Paul was the man that had some and all I had to do was pay and get them down here from Melbs. We have a cadet at work who is from Melbourne and I couldn't believe it when she said she lived in the same suburb as Paul!! On the back of her ute they came, some more dollars were exchanged and here we are.

it was meant to be eh? hehe

the drums made by Rheem


----------



## droid (27/8/17)

before


----------



## droid (27/8/17)




----------



## droid (27/8/17)

after some sodium perc
tadaa!


----------



## Mardoo (27/8/17)

Awesome! Great idea. It's things like this that help establish a real brewing community.

Will you be going 1/2", 5/8" or 3/4" for transfer/HEX?


----------



## droid (27/8/17)

1/2 seems slow but further investigating is required

I'd prefer to be able to interchange my bits, so maybe a compromise, at this point I may as well go 1/2" because the holes can always be made bigger. Then things could be looked at where flow is an issue, case by case, biggest offender first type thing.


----------



## Nullnvoid (27/8/17)

How did you clean with the sodium perc? Did you fill them right up or little bit and a bit of arm muscle?


----------



## droid (27/8/17)

Nullnvoid said:


> How did you clean with the sodium perc? Did you fill them right up or little bit and a bit of arm muscle?


I filled one up and heated to 68, then squirted one of the others with the 68C mix and it cleaned up with an easy wipe as did the other, tis a beautiful thing!


----------



## Nullnvoid (27/8/17)

Awesome mate!
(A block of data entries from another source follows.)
-- ===== src/Handlers/Workers/Proxy.antt =====
-- server/src/handlers/worker_handler.cpp: how a query for a nested run finds the server that has it.
-- A path of logical ids, such as `A/B/C`, leads from the run of a request through the runs that the
-- nodes have started, here or on a worker.
use task_hub.Db.Rows.{TaskRunRow}
use task_hub.Execution.Context.{TextCalls}
use task_hub.Handlers.Http.{
  Request, Response, Answer, answered, thrown, has_param, param_value, emplace_param, respond_error,
}
use task_hub.Json.{JsonCalls, member}
use task_hub.Worker.Registry.{list_workers}
use task_hub.Worker.Selector.{WorkerInfo, Workers, is_alive, contains_text}
use task_hub.Prelude.{
  ℕ, zero, suc, pos, Text, text, Text-Eq, ◌++◌, ◌=?◌, ◌==◌, Option, none, some, List, [], ◌∷◌,
  length, is_empty, if◌then◌else◌, ◌&&◌,
}
pub mod Leads

pub data Target : Type 0 where
  local : Text → Text → Target  -- the path that is left, and the run
  remote : WorkerInfo → Text → Text → Target
  refused : Text → Target
  broken : Target  -- an exception

unfoldable pub find_worker : Text → List WorkerInfo → Option WorkerInfo
find_worker id [] = none
find_worker id (w ∷ ws) = let rest = find_worker id ws in if w.id =? id then some w else rest

-- The text before the first slash, and after it.
unfoldable pub split_path : Text → Text × Text
split_path [] = ([], [])
split_path (c ∷ cs) =
    let (head, tail) = split_path cs in if c == b'/' then ([], cs) else (c ∷ head, tail)

-- What the handlers read: the time, the workers, and the rows of the database.
pub record Server : Type 0 where
  pub now : ℕ
  pub workers : Workers
  pub task_run : Text → Text → Option TaskRunRow

-- How the search ends: with a query of a run of this server, with a worker to ask, or with an error.
pub data Found : Type 0 where
  here : Text → Found
  at_worker : WorkerInfo → Text → Text → Found
  not_there : Text → Found
  failed : Found
  out_of_fuel : Found

-- Enough for every path: each round takes a node off it.
abbrev pub fuel_for : Text → ℕ
fuel_for path = suc (length path)

module _ (t : TextCalls) (c : JsonCalls) (s : Server) where
  -- The run that a node has started is in its metadata; a node without a worker ran here.
  unfoldable pub target_of_row : Text → Text → TaskRunRow → Target
  target_of_row head tail row = elim (t.parse row.metadata_json) [
    | none ↦ refused (text "invalid metadata json for node: " ++ head)
    | some meta ↦ elim (member (text "run_id") meta) [
      | none ↦ refused (text "next_runid not found for node: " ++ head)
      | some v ↦ elim (c.get_text v) [
        | none ↦ broken
        | some next_run ↦
            if is_empty row.worker_id
            then local tail next_run
            else elim (find_worker row.worker_id (list_workers s.workers)) [
              | none ↦ refused (text "worker not found or offline: " ++ row.worker_id)
              | some w ↦
                  if is_alive s.now w
                  then remote w tail next_run
                  else refused (text "worker not alive: " ++ row.worker_id)
            ]
      ]
    ]
  ]

  unfoldable pub resolve_proxy_target : Text → Text → Target
  resolve_proxy_target run_id path =
      if is_empty path
      then local [] run_id
      else let (head, tail) = split_path path in
        elim (s.task_run run_id head) [
          | none ↦
              refused (text "remote logical node not found: " ++ head ++ text " in run: " ++ run_id)
          | some row ↦ target_of_row head tail row
        ]

  -- The loop `while (true)` of the handlers.
  unfoldable pub resolve : ℕ → Text → Text → Found
  resolve zero run_id path = out_of_fuel
  resolve (suc fuel) run_id path = elim (resolve_proxy_target run_id path) [
    | refused e ↦ not_there e
    | broken ↦ failed
    | remote w left next_run ↦ at_worker w left next_run
    | local [] next_run ↦ here next_run
    | local (x ∷ xs) next_run ↦ resolve fuel next_run (x ∷ xs)
  ]

-- The parameters of a request to a worker, but for those that the search has used up.
unfoldable pub query_text : List Text → List (Text × Text) → Text → Text
query_text dropped [] query = query
query_text dropped ((k, v) ∷ ps) query =
    if contains_text k dropped
    then query_text dropped ps query
    else query_text dropped ps
        ((if is_empty query then [] else query ++ text "&") ++ k ++ text "=" ++ v)

abbrev pub used_params : List Text
used_params = text "remote_path" ∷ text "worker_id" ∷ text "run_id" ∷ []

unfoldable pub forward_path : Text → Request → Text → Text → Text
forward_path path req left next_run =
    let kept = query_text used_params req.params [] in
    path
    ++ text "?"
    ++ (if is_empty kept then [] else kept ++ text "&")
    ++ text "remote_path="
    ++ left
    ++ text "&run_id="
    ++ next_run

-- A copy of a request for another run. The parameters go one by one to a new multimap.
unfoldable pub replace_run_id : Text → List (Text × Text) → List (Text × Text) → List (Text × Text)
replace_run_id run_id [] copied = copied
replace_run_id run_id ((k, v) ∷ ps) copied =
    replace_run_id run_id ps (emplace_param k (if k =? text "run_id" then run_id else v) copied)

unfoldable pub make_request_with_modified_runid : Request → Text → Request
make_request_with_modified_runid req run_id =
    let ps = replace_run_id run_id req.params [] in
    record req {
      params =
          if has_param (text "run_id") req then ps else emplace_param (text "run_id") run_id ps;
    }

module _ (t : TextCalls) (c : JsonCalls) (s : Server)
    (get : WorkerInfo → Text → Option Response) where
  -- The worker's answer is passed on.
  unfoldable pub proxy_forward : WorkerInfo → Text → Text → Text → Request → Response
  proxy_forward w left next_run path req = elim (get w (forward_path path req left next_run)) [
    | none ↦ respond_error c (pos 502) (text "proxy forward failed: no response") (pos 502)
    | some r ↦ r
  ]

  unfoldable pub proxy_found : Text → (Request → Answer) → Request → Found → Answer
  proxy_found path query req (here run_id) = query (make_request_with_modified_runid req run_id)
  proxy_found path query req (at_worker w left next_run) =
      answered (proxy_forward w left next_run path req)
  proxy_found path query req (not_there e) = answered (respond_error c (pos 404) e (pos 404))
  proxy_found path query req failed = thrown
  proxy_found path query req out_of_fuel = thrown

  -- `workers_proxy_task_runs` and `workers_proxy_task_events`: a path, and the query of this server.
  unfoldable pub workers_proxy : Text → (Request → Answer) → Request → Answer
  workers_proxy path query req =
      let remote_path = param_value (text "remote_path") req in
      proxy_found path query req
        (resolve t c s (fuel_for remote_path) (param_value (text "run_id") req) remote_path)

  -- An older form names the worker, and no path.
  unfoldable pub workers_proxy_logs : (Request → Answer) → Request → Answer
  workers_proxy_logs query req =
      if has_param (text "worker_id") req && is_empty (param_value (text "remote_path") req)
      then elim (find_worker (param_value (text "worker_id") req) (list_workers s.workers)) [
        | none ↦ answered (respond_error c (pos 404) (text "worker not found or dead") (pos 404))
        | some w ↦
            if is_alive s.now w
            then answered (proxy_forward w [] [] (text "/api/tasks/logs") req)
            else answered (respond_error c (pos 404) (text "worker not found or dead") (pos 404))
      ]
      else workers_proxy (text "/api/workers/proxy/logs") query req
Good to know  

Not that I'll be in the market for anything that big, just interested in how people clean things


----------



## Mardoo (27/8/17)

You could always keep a handful of 3/4" to 1/2" adapters on hand. If you have a centrifugal pump that will just act as a choke, luke a partially closed valve. However, Depending on how you handle heat exchange, if you used a coil of tube, I would guess the efficiency of heat exchange would be less for 3/4" tube than 1/2" tube, as I've been told the efficiency is less for 1/2" tube vs. 3/8" tube.


----------



## droid (27/8/17)

Mardoo said:


> You could always keep a handful of 3/4" to 1/2" adapters on hand. If you have a centrifugal pump that will just act as a choke, luke a partially closed valve. However, Depending on how you handle heat exchange, if you used a coil of tube, I would guess the efficiency of heat exchange would be less for 3/4" tube than 1/2" tube, as I've been told the efficiency is less for 1/2" tube vs. 3/8" tube.


yeah, I'm thinking that I may as well use everything on hand and then make changes where needed but that would be a good idea, something to keep in mind for sure

once the plumbing size is worked out it may cop the welded tri-clamp treatment


----------



## malt junkie (27/8/17)

I'll grab an extra bag in the BB, to help with bedding in! The hop stores could take a hit too, to make way for some fresh stocks also. We'll talk.


----------



## droid (27/8/17)

malt junkie said:


> I'll grab an extra bag in the BB, to help with bedding in! The hop stores could take a hit too, to make way for some fresh stocks also. We'll talk.


You don't need to bring anything MJ, I owe ya. We'll have to crank out some large batches when it's harvest time, just because, it's the right thing to do.


----------



## malt junkie (27/8/17)

Should we plan for a barrel program? Just sayin...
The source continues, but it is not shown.